In 1966 PDX had nonstop flights to SLC, DEN, ORD and no other cities farther east than Boise; in 1977 nonstops reached LAS–PHX–DEN–DFW–ORD and no others east of Boise. In 1967 United started PDX's first transcon nonstop, to JFK; it ended in 1973.

By 1974, the airport was served by Braniff, Cascade, Continental, Eastern, Hughes Airwest, Northwest Orient, Pan Am, United and Western, and the Seattle route was served by seven airlines with aircraft as large as Boeing 747s.

Air Oregon started short-haul service from Portland following deregulation in 1978, and by 1979 had routes to seven other cities in Oregon.

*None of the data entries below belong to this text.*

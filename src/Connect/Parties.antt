-- ===== src/Connect/Parties.antt =====
-- The two ends of a chat, their key pairs and the key on which they meet.
use lortnoc_tahc.Base.{◌≡◌, true, is_some, Text, length, false}
use lortnoc_tahc.Keys.{Crypto, CryptoLaws, KeyPair, derive_conv_key}
use lortnoc_tahc.Session.{established}
use lortnoc_tahc.Connect.{World, Content, DecodeReply}
use lortnoc_tahc.Session.Laws.{IsHonest-key_pair_or}
use lortnoc_tahc.Connect.Sound.{Sound}
use lortnoc_tahc.Connect.Wire.{Carries, own_key}
use lortnoc_tahc.Keys.Laws.{derive_conv_key_agree}

-- Both sides are established and hold one conversation key.
pub record Connected (a b : Content) : Type 0 where
  pub here : a.session.status ≡ established
  pub there : b.session.status ≡ established
  pub keyed : is_some a.session.conv_key ≡ true
  pub same_key : a.session.conv_key ≡ b.session.conv_key

module _ (c : Crypto) (laws : CryptoLaws c) (read : Text → DecodeReply) (wa wb : World)
    (ua : Carries wa read) (ub : Carries wb read) (a b : Content) (va : Sound c a)
    (vb : Sound c b) where
  abbrev pub left_key : KeyPair
  left_key = own_key c read wa a

  abbrev pub right_key : KeyPair
  right_key = own_key c read wb b

  left_honest : left_key.public ≡ c.public_key left_key.private
  left_honest = IsHonest-key_pair_or c a.session.key_pair wa.random va.honest

  right_honest : right_key.public ≡ c.public_key right_key.private
  right_honest = IsHonest-key_pair_or c b.session.key_pair wb.random vb.honest

  pub left_sized : length left_key.public ≡ 32
  left_sized = rw left_honest (laws.key_size left_key.private)

  pub right_sized : length right_key.public ≡ 32
  right_sized = rw right_honest (laws.key_size right_key.private)

  pub left_regular : c.low_order left_key.public ≡ false
  left_regular = rw left_honest (laws.regular left_key.private)

  pub right_regular : c.low_order right_key.public ≡ false
  right_regular = rw right_honest (laws.regular right_key.private)

  -- Two sides that record the public key of each other hold one key.
  pub same_keys :
      derive_conv_key c left_key.private right_key.public left_key.public
      ≡ derive_conv_key c right_key.private left_key.public right_key.public
  same_keys =
      rw (left_honest, right_honest)
        (derive_conv_key_agree c laws left_key.private right_key.private)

In the 1980s Air California had nonstop flights to Seattle, Reno and the Bay Area; PSA (Pacific Southwest Airlines) had nonstops to San Francisco and one or two to Reno and Sacramento. In 2010 Northwest's former Honolulu service was eliminated by Delta altogether. In 2015, Delta resumed its seasonal service to Honolulu.

United was the dominant carrier at PDX during the regulated era and through the 1980s.

On May 30, 2022, Alaska Airlines added New Orleans' Armstrong International Airport to its schedule, and in doing so, added the only domestic FAA-designated "large hub" airport missing from the southern airfield's roster. Flights AS142 and AS143 will operate daily, beginning January 5, 2023, between Portland and New Orleans, operated by a Boeing 737-900ER.

International service
The first international nonstop was Western's 720B to Vancouver in 1967.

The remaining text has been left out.